Description of the task - Search the entries below for the word "drops", then copy each line in which it is found.

Entries provided -
..........

-- ===== src/Server/Keeping/Reading.antt =====
-- `connection::poll_recv` of server/connection.cpp under a property of the state, as Commands has it for
-- the messages.
use irc_chat.Base.{nat_eq}
use irc_chat.Base.{ℕ, ◌≡◌, some, Str, length, lookup, inl, inr, Option-cases, ◌==◌}
use irc_chat.Connection.Recv.{store_chunk, drop_message, find_end, copy_message}
use irc_chat.Connection.{Connection, disconnect}
use irc_chat.Server.Keeping.Commands.{handle_message-Ensures}
use irc_chat.Server.Dispatch.{handle_message}
use irc_chat.Server.Keeping.{
  Ensures, called, IsStable, CanReply, then-Ensures, bind-Ensures, if-Ensures, on_option-Ensures,
  on_connection-Ensures,
}
use irc_chat.Server.Loop.{RecvResult, received, would_block, recv_failed, read_message, poll_recv}
use irc_chat.Server.World.{World, on_connection, pure, ◌>>◌}

-- `P` is for a client that is connected, `Q` for one that may have ended.
module _ (P Q : World → Type 0) (s : IsStable P) (id : ℕ) (r : CanReply id P)
    (weaker : (w : World) → P w → Q w)
    (ends : (w : World) (c : Connection)
      → lookup id w.connections ≡ some c
      → P w
      → Q (called disconnect id c w))
    (stores : (w : World) (c : Connection) (chunk : Str)
      → lookup id w.connections ≡ some c
      → P w
      → P (called (λ c r. (store_chunk chunk c, r)) id c w))
    (drops : (w : World) (c : Connection) (msg_end : ℕ)
      → lookup id w.connections ≡ some c
      → Q w
      → Q (called (λ c r. (drop_message msg_end c, r)) id c w)) where
  handled :
      (c : Connection) (msg_end : ℕ)
      → Ensures P Q (
          handle_message id (copy_message msg_end c)
          >> on_connection id (λ c r. (drop_message msg_end c, r)))
  handled c msg_end =
      then-Ensures P Q Q _ _
        (handle_message-Ensures P Q s id r weaker ends (copy_message msg_end c))
        (λ x. on_connection-Ensures Q Q id _ (λ w c' e q. drops w c' msg_end e q))

  read_message-Ensures : (n : ℕ) → Ensures P Q (read_message id n)
  unfolding read_message Ensures
  read_message-Ensures n w h = elim (Option-cases (lookup id w.connections)) [
    | inl gone ↦ rw (gone, read_message) tt
    | inr (c, e) ↦
        rw (e, read_message)
          (on_option-Ensures P Q (find_end n c) (pure tt)
            (λ msg_end.
              handle_message id (copy_message msg_end c)
              >> on_connection id (λ c r. (drop_message msg_end c, r)))
            (λ w₁ q. weaker w₁ q) (handled c) w h)
  ]

  pub poll_recv-Ensures : (res : RecvResult) → Ensures P Q (poll_recv id res)
  unfolding poll_recv Ensures
  poll_recv-Ensures would_block w h = weaker w h
  poll_recv-Ensures recv_failed w h = tt
  poll_recv-Ensures (received chunk) w h =
      if-Ensures P Q (length chunk == 0) _ _ (on_connection-Ensures P Q id disconnect ends)
        (bind-Ensures P Q _ _
          (on_connection-Ensures P P id (λ c r. (store_chunk chunk c, r))
            (λ w₁ c e q. stores w₁ c chunk e q))
          (λ x. read_message-Ensures (length chunk)))
        w h
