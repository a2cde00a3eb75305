-- ===== src/Server/Loop/Poll.antt =====
-- `poll_registry::poll_and_dispatch` of server/poll_registry.cpp with the callbacks of the server, and
-- `server::run` of server/main.cpp around it. What the system answers is a parameter.
pub mod Budget
pub mod Callbacks
pub mod Ends
pub mod Serving
pub mod Sweeping
pub mod Safety
pub mod Guarded
pub mod Rounds
use irc_chat.Base.{
  ℕ, zero, suc, Option, none, some, get_elem?, if◌then◌else◌, runtime_error, null_deref, Result, ok,
  throw,
}
use irc_chat.Connection.Send.{Kernel}
use irc_chat.Registry.Poll.{PollAnswer, interrupted, poll_failed, polled, write_revents, is_ready}
use irc_chat.Registry.{Pollfd, Callback, pollin, register_event, unregister_event, PollRegistry}
use irc_chat.Server.Loop.{RecvResult, poll_accept, poll_recv, poll_send_at, sweep}
use irc_chat.Server.World.{World, M}

-- What `accept` answers: a stream and the address of its peer, or an error of `accept` or `getpeername`.
pub data AcceptAnswer : Type 0 where
  accepted : ℕ → ℕ → AcceptAnswer
  accept_failed : AcceptAnswer

-- What the system answers to the calls of one callback.
pub record Answers : Type 0 where
  pub accept : AcceptAnswer
  pub recv : RecvResult
  pub send : Kernel

-- The answers by the index at which the loop stands.
abbrev pub Environment : Type 0
Environment = ℕ → Answers

unfoldable pub try_accept : AcceptAnswer → M (Unit {0})
try_accept (accepted fd ipv4) w = ok (tt, poll_accept fd ipv4 w)
try_accept accept_failed w = throw runtime_error

unfoldable pub call_back : Answers → Callback → M (Unit {0})
unfolding try_accept
call_back a Callback.poll_accept = try_accept a.accept
call_back a (Callback.poll_recv id) = poll_recv id a.recv
call_back a (Callback.poll_send id) = poll_send_at id a.send

-- One round of the loop, at a descriptor that is there. A vector of callbacks that is shorter would be
-- read out of its bounds.
unfoldable pub fire : Answers → ℕ → Pollfd → M (Unit {0})
fire a i f w = elim (get_elem? w.registry.callbacks_and_toks i) [
  | none ↦ throw null_deref
  | some (cb, t) ↦ if is_ready f then call_back a cb w else ok (tt, w)
]

-- The loop from index `i` on, on the vectors as the callbacks leave them. `none`: the fuel ran out.
unfoldable pub dispatch_loop : Environment → ℕ → ℕ → World → Option (Result (Unit {0} × World))
unfolding fire
dispatch_loop env zero i w = none
dispatch_loop env (suc fuel) i w = elim (get_elem? w.registry.fds i) [
  | none ↦ some (ok (tt, w))
  | some f ↦ elim (fire (env i) i f w) [
    | throw e ↦ some (throw e)
    | ok (x, w') ↦ dispatch_loop env fuel (suc i) w'
  ]
]

abbrev pub poll_world : (ℕ → ℕ) → World → World
poll_world revents w = record w { registry = write_revents revents w.registry }

-- The sweep, once the loop has returned.
unfoldable pub then_sweep : Option (Result (Unit {0} × World)) → Option (Result (Unit {0} × World))
then_sweep none = none
then_sweep (some (throw e)) = some (throw e)
then_sweep (some (ok (x, w))) = some (sweep w)

-- One round of the `while` loop of `run`. An interrupted `::poll` skips the rest of the round.
unfoldable pub run_round : Environment → ℕ → PollAnswer → World → Option (Result (Unit {0} × World))
unfolding dispatch_loop then_sweep
run_round env fuel interrupted w = some (ok (tt, w))
run_round env fuel poll_failed w = some (throw runtime_error)
run_round env fuel (polled n revents) w =
    then_sweep (dispatch_loop env fuel 0 (poll_world revents w))

-- The beginning of `run`, with the descriptor of the listener: its token, and the server that listens.
unfoldable pub start_listening : ℕ → World → ℕ × World
start_listening fd w =
    let (tok, r) = register_event fd pollin Callback.poll_accept w.registry in
    (tok, record w { registry = r })

-- The destructor of the server, on the registry that outlives it.
unfoldable pub stop_listening : ℕ → PollRegistry → PollRegistry
stop_listening tok r = (unregister_event tok r).0
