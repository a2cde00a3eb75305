-- ===== src/Server/Loop/Poll/Callbacks.antt =====
-- The room that each callback of the server takes at most: `poll_accept` of server/main.cpp, `poll_recv`
-- and `poll_send` of server/connection.cpp.
use native.Mathlib.Nat.{mod-le}
use irc_chat.Base.{nat_eq}
use irc_chat.Base.{
  ℕ, ◌+◌, ◌≡◌, refl, some, arith, lookup, update, inl, inr, Result, ok, throw, Option-cases,
}
use irc_chat.Connection.Frugal.{
  IsFrugal, IsFrugal-same, disconnect-IsFrugal, poll_send-IsFrugal, Leaves,
}
use irc_chat.Connection.Recv.{store_chunk, drop_message}
use irc_chat.Connection.Send.{Kernel, poll_send}
use irc_chat.Connection.{Connection, connect, disconnect}
use irc_chat.Registry.Measure.{register_event-measure}
use irc_chat.Registry.{PollRegistry, Callback, pollin, size_mod}
use irc_chat.Server.Keeping.Reading.{poll_recv-Ensures}
use irc_chat.Server.Keeping.{Ensures, Post}
use irc_chat.Server.Loop.Poll.Budget.{
  IsWithin, more-IsWithin, put-IsWithin, called-IsWithin, IsWithin-IsStable, IsWithin-CanReply,
  idle_count-insert,
}
use irc_chat.Server.Loop.Poll.{
  AcceptAnswer, accepted, accept_failed, Answers, try_accept, call_back,
}
use irc_chat.Server.Loop.{RecvResult, poll_accept, poll_recv, poll_send_at}
use irc_chat.Server.World.{World}

pub Post-map :
    {A : Type 0} (P Q : World → Type 0) (r : Result (A × World))
    → ((w : World) → P w → Q w)
    → Post P r
    → Post Q r
Post-map P Q (throw e) q h = tt
Post-map P Q (ok (a, w)) q h = q w h

module _ (e t i : ℕ) (r₀ : PollRegistry) where
  accept-IsWithin :
      (a : AcceptAnswer)
      → Ensures (IsWithin e t i r₀) (IsWithin (2 + e) (2 + t) (1 + i) r₀) (try_accept a)
  unfolding try_accept Ensures poll_accept connect
  accept-IsWithin accept_failed w h = tt
  accept-IsWithin (accepted fd ipv4) w h =
      let id = w.curr_id_count in
      let (len, tok, q) = register_event-measure fd pollin (Callback.poll_recv id) w.registry in
      let added = idle_count-insert id (connect fd id w.registry).0 w.connections in
      record {
        few_entries = omega (arith, added, h.few_entries);
        few_tokens = omega (arith, added, h.few_tokens);
        few_ids = omega (arith, mod-le (id + 1) size_mod, h.few_ids);
        quieter = λ j. omega (arith, q j, h.quieter j);
      }

  recv-IsWithin :
      (id : ℕ) (res : RecvResult)
      → Ensures (IsWithin e t i r₀) (IsWithin e t i r₀) (poll_recv id res)
  unfolding store_chunk drop_message
  recv-IsWithin id res =
      poll_recv-Ensures (IsWithin e t i r₀) (IsWithin e t i r₀) (IsWithin-IsStable e t i r₀) id
        (IsWithin-CanReply e t i r₀ id) (λ w h. h)
        (λ w c there h. called-IsWithin e t i r₀ disconnect disconnect-IsFrugal id w c there h)
        (λ w c chunk there h.
          called-IsWithin e t i r₀ (λ c r. (store_chunk chunk c, r))
            (λ c r. IsFrugal-same c (store_chunk chunk c) r refl) id w c there h)
        (λ w c n there h.
          called-IsWithin e t i r₀ (λ c r. (drop_message n c, r))
            (λ c r. IsFrugal-same c (drop_message n c) r refl) id w c there h)
        res

  send-IsWithin :
      (id : ℕ) (k : Kernel)
      → Ensures (IsWithin e t i r₀) (IsWithin (1 + e) (1 + t) i r₀) (poll_send_at id k)
  unfolding poll_send_at Ensures
  send-IsWithin id k w h = elim (Option-cases (lookup id w.connections)) [
    | inl gone ↦ rw (gone, poll_send_at) tt
    | inr (c, there) ↦
        rw (there, poll_send_at)
          (written c there (poll_send k c w.registry) (poll_send-IsFrugal k c w.registry))
  ]
    where
      written :
          (c : Connection)
          → lookup id w.connections ≡ some c
          → (res : Result (Connection × PollRegistry)) → Leaves (IsFrugal 1 c w.registry) res
          → Post (IsWithin (1 + e) (1 + t) i r₀) (elim res as (λ _. Result (Unit {0} × World)) [
            | throw x ↦ throw x
            | ok (c', r) ↦
                ok (tt, record w { connections = update id (λ _. c') w.connections; registry = r })
          ])
      written c there (throw x) f = tt
      written c there (ok (c', r)) f = put-IsWithin 1 e t i r₀ id c c' r w there f h

  pub call_back-IsWithin :
      (a : Answers) (cb : Callback)
      → Ensures (IsWithin e t i r₀) (IsWithin (2 + e) (2 + t) (1 + i) r₀) (call_back a cb)
  unfolding call_back Ensures
  call_back-IsWithin a Callback.poll_accept w h = accept-IsWithin a.accept w h
  call_back-IsWithin a (Callback.poll_recv id) w h =
      Post-map (IsWithin e t i r₀) _ (poll_recv id a.recv w)
        (λ w' q. more-IsWithin (omega arith) (omega arith) (omega arith) q)
        (recv-IsWithin id a.recv w h)
  call_back-IsWithin a (Callback.poll_send id) w h =
      Post-map (IsWithin (1 + e) (1 + t) i r₀) _ (poll_send_at id a.send w)
        (λ w' q. more-IsWithin (omega arith) (omega arith) (omega arith) q)
        (send-IsWithin id a.send w h)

..........

Reply -
    (drops : (w : World) (c : Connection) (msg_end : ℕ)
        (λ x. on_connection-Ensures Q Q id _ (λ w c' e q. drops w c' msg_end e q))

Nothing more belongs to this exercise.